At the top and now type:

make
make lib

Unfortunately there is no make install so we have to do this part manually. No worries:

cp liblinear.a /opt/cross/x86_64-linux-musl/lib
cp linear.h /opt/cross/x86_64-linux-musl/include

and now, we get to the monster itself: nmap. As usual, we set up:

cd /work
mkdir nmap && cd nmap
wget https://nmap.org/dist/nmap-7.12.tar.bz2
tar xvf nmap-7.12.tar.bz2 && cd nmap-7.12

Ok, so, now, how to configure? Well, I used:

./configure --prefix=/opt/cross/x86_64-linux-musl/ --without-zenmap
--without-ndiff --without-nping --with-libua=included --with-pcap=linux
--with-libpcap=/opt/cross/x86_64-linux-musl/ --with-openssl=/opt/cross/x86_64-linux-musl/

Specifically, I disabled the zenmap gui, got rid of ndiff/nping and configured my pcap and openssl from our cross compiled tree (definitely static). Wait for this to be done and then type:

make static

and boom, you should be done! To test we have achieved our mission:

$ file ./nmap
./nmap: ELF 64-bit LSB executable, x86-64, version 1 (SYSV), statically linked, not stripped

Perfect. Incidentally, if at this stage you type make install the nmap build scripts default to the shared option.
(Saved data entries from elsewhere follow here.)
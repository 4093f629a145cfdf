-- ===== src/Julia/Extract.antt =====
-- What stands between the markers of an evaluation (src/julia_wrap.cpp `extract_between_markers`
-- and its helpers). A position in the capture is given by the text from it on: `rest` is
-- `capture.substr(pos)`, and the offset of a token counts from `pos`.
pub mod Token
pub mod Total
pub mod Script
use jjmcp.Base.{
  ℕ, zero, suc, ◌+◌, Bool, true, false, not, ◌&&◌, List, [], ◌∷◌, ◌++◌, Option, none, some, length,
  take, drop, ltb, ◌==◌, if◌then◌else◌,
}
use jjmcp.Text.{
  Bytes, newline, carriage_return, is_empty, ends_with, pop_back, starts_with, find_first, ◌=ᵇ◌,
}
use jjmcp.Julia.Lines.{trim_ascii}
use jjmcp.Julia.Marker.{Marker}

unfoldable pub remove_returns : Bytes → Bytes
remove_returns [] = []
remove_returns (c ∷ s) = if c == carriage_return then remove_returns s else c ∷ remove_returns s

unfoldable pub marker_segment_text : Bytes → Bytes
unfolding remove_returns ends_with pop_back
marker_segment_text segment =
    let out = remove_returns segment in if ends_with newline out then pop_back out else out

unfoldable pub append_segment : Bytes → Bytes → Bytes
unfolding marker_segment_text starts_with
append_segment out segment =
    let text = marker_segment_text segment in
    if is_empty text
    then out
    else if not (is_empty out)
        && not (ends_with newline out)
        && not (starts_with (newline ∷ []) text)
    then out ++ newline ∷ text
    else out ++ text

-- `line` is the current line so far. The result is the text behind the marker's line.
unfoldable pub find_payload_loop : Bytes → Bytes → Bytes → Option Bytes
unfolding trim_ascii ◌=ᵇ◌
find_payload_loop marker line [] = if trim_ascii line =ᵇ marker then some [] else none
find_payload_loop marker line (c ∷ rest) =
    let next_line = find_payload_loop marker [] rest in
    let same_line = find_payload_loop marker (line ++ c ∷ []) rest in
    if c == newline then (if trim_ascii line =ᵇ marker then some rest else next_line) else same_line

unfoldable pub find_marker_line_payload_start : Bytes → Bytes → Option Bytes
unfolding find_payload_loop
find_marker_line_payload_start capture marker = find_payload_loop marker [] capture

pub data Kind : Type 0 where
  end error out_end val_end backtrace : Kind

pub record FoundMarkerToken : Type 0 where
  pub pos : ℕ
  pub marker : Bytes
  pub kind : Kind

-- `pos < best.pos`; no token yet is `npos`, which every position is below.
unfoldable pub is_before : ℕ → Option FoundMarkerToken → Bool
is_before pos none = true
is_before pos (some best) = ltb pos best.pos

unfoldable pub consider : Bytes → Bytes → Kind → Option FoundMarkerToken → Option FoundMarkerToken
unfolding is_before find_first
consider rest text kind best = elim (find_first text rest) [
  | none ↦ best
  | some pos ↦
      if is_before pos best then some (record { pos = pos; marker = text; kind = kind }) else best
]

unfoldable pub find_next_marker_token : Bytes → Marker → Option FoundMarkerToken
unfolding consider
find_next_marker_token rest marker = consider rest marker.bt Kind.backtrace (
    consider rest marker.val_end Kind.val_end (
      consider rest marker.out_end Kind.out_end
        (consider rest marker.error Kind.error (consider rest marker.end Kind.end none))))

unfoldable pub skip_return : Bytes → Bytes
skip_return [] = []
skip_return (c ∷ s) = if c == carriage_return then s else c ∷ s

unfoldable pub skip_newline : Bytes → Bytes
skip_newline [] = []
skip_newline (c ∷ s) = if c == newline then s else c ∷ s

unfoldable pub skip_marker_line_ending : Bytes → Bytes
unfolding skip_return skip_newline
skip_marker_line_ending rest = skip_newline (skip_return rest)

pub record ExtractedOutput : Type 0 where
  pub found_begin : Bool
  pub found_end : Bool
  pub julia_error : Bool
  pub text : Bytes
  pub stdout_text : Bytes
  pub value_repr : Bytes
  pub error_message : Bytes
  pub backtrace : Bytes

pub data Phase : Type 0 where
  stdout value error backtrace : Phase

-- The two `switch (phase)` blocks: the segment goes to `text` and to the field of the phase.
unfoldable pub add_segment : Phase → Bytes → ExtractedOutput → ExtractedOutput
unfolding append_segment
add_segment Phase.stdout s r = record r {
  text = append_segment r.text s;
  stdout_text = append_segment r.stdout_text s;
}
add_segment Phase.value s r = record r {
  text = append_segment r.text s;
  value_repr = append_segment r.value_repr s;
}
add_segment Phase.error s r = record r {
  text = append_segment r.text s;
  error_message = append_segment r.error_message s;
}
add_segment Phase.backtrace s r = record r {
  text = append_segment r.text s;
  backtrace = append_segment r.backtrace s;
}

-- What a token other than the end does to the flags, and the phase that follows it.
unfoldable pub mark_kind : Kind → ExtractedOutput → ExtractedOutput
mark_kind Kind.end r = record r { found_end = true }
mark_kind Kind.error r = record r { julia_error = true }
mark_kind Kind.out_end r = r
mark_kind Kind.val_end r = r
mark_kind Kind.backtrace r = r

unfoldable pub next_phase : Kind → Phase → Phase
next_phase Kind.end p = p
next_phase Kind.error p = Phase.error
next_phase Kind.out_end p = Phase.value
next_phase Kind.val_end p = Phase.stdout
next_phase Kind.backtrace p = Phase.backtrace

abbrev pub is_end : Kind → Bool
is_end Kind.end = true
is_end Kind.error = false
is_end Kind.out_end = false
is_end Kind.val_end = false
is_end Kind.backtrace = false

-- `while (pos < capture.size())`, each round with one unit of fuel; `none` if it runs out.
unfoldable pub extract_loop : ℕ → Marker → Bytes → Phase → ExtractedOutput → Option ExtractedOutput
unfolding find_next_marker_token add_segment mark_kind next_phase skip_marker_line_ending
extract_loop zero marker rest phase result = none
extract_loop (suc fuel) marker [] phase result = some result
extract_loop (suc fuel) marker (c ∷ rest) phase result =
    elim (find_next_marker_token (c ∷ rest) marker) [
      | none ↦ some (add_segment phase (c ∷ rest) result)
      | some token ↦
          let segment = take token.pos (c ∷ rest) in
          let result' = mark_kind token.kind (add_segment phase segment result) in
          let after = drop (token.pos + length token.marker) (c ∷ rest) in
          let more =
            extract_loop fuel marker (skip_marker_line_ending after) (next_phase token.kind phase)
              result' in
          if is_end token.kind then some result' else more
    ]

abbrev pub no_output : ExtractedOutput
no_output = record {
  found_begin = false;
  found_end = false;
  julia_error = false;
  text = [];
  stdout_text = [];
  value_repr = [];
  error_message = [];
  backtrace = [];
}

-- A marker is not empty, so a round for each byte of the capture is enough.
unfoldable pub extract_between_markers : Bytes → Marker → Option ExtractedOutput
unfolding find_marker_line_payload_start extract_loop
extract_between_markers capture marker =
    elim (find_marker_line_payload_start capture marker.begin) [
      | none ↦ some no_output
      | some rest ↦
          extract_loop (suc (length capture)) marker rest Phase.stdout
            (record no_output { found_begin = true })
    ]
I couldn't be bothered to fix them at this stage, so I just did:

cp ./nmap /opt/cross/x86_64-linux-musl/bin

for the moment.

Now, having done all this work I very much wanted to keep this environment. As previously mentioned, we're currently in a container with an id like root@aabbccddeeff - and what we want is to commit a new image. To do this, type exit and go back to your host. Then:

docker commit -m "x64 cross compile working" -a "Your Name" aabbccddeeff fedora-musl-static

replacing aabbccddeeff with the identifier in your container, and substituting an appropriate message, name and tag to suit your needs. Expect this to take quite a while, as the difference between the images is at this stage quite large.

Now, if we want to make a new container running against this new image, do:

docker run --i -t fedora-musl-static /bin/bash

and you'll find yourself back in the same system! Pretty neat, right? There is one final step - I wanted my binaries outside this environment, so I ran:

docker run -v /tmp/crosscompileout:/output -i -t fedora-musl-static /bin/bash

instead. This mounts /tmp/crosscompileout inside the VM as /output and anything copied there appears on the host system for usage. So, just:

cp /opt/cross/x86_64-linux-musl/bin/nmap /output
cp /opt/cross/x86_64-linux-musl/bin/openssl /output

and you now have some static binaries to be working with on Linux.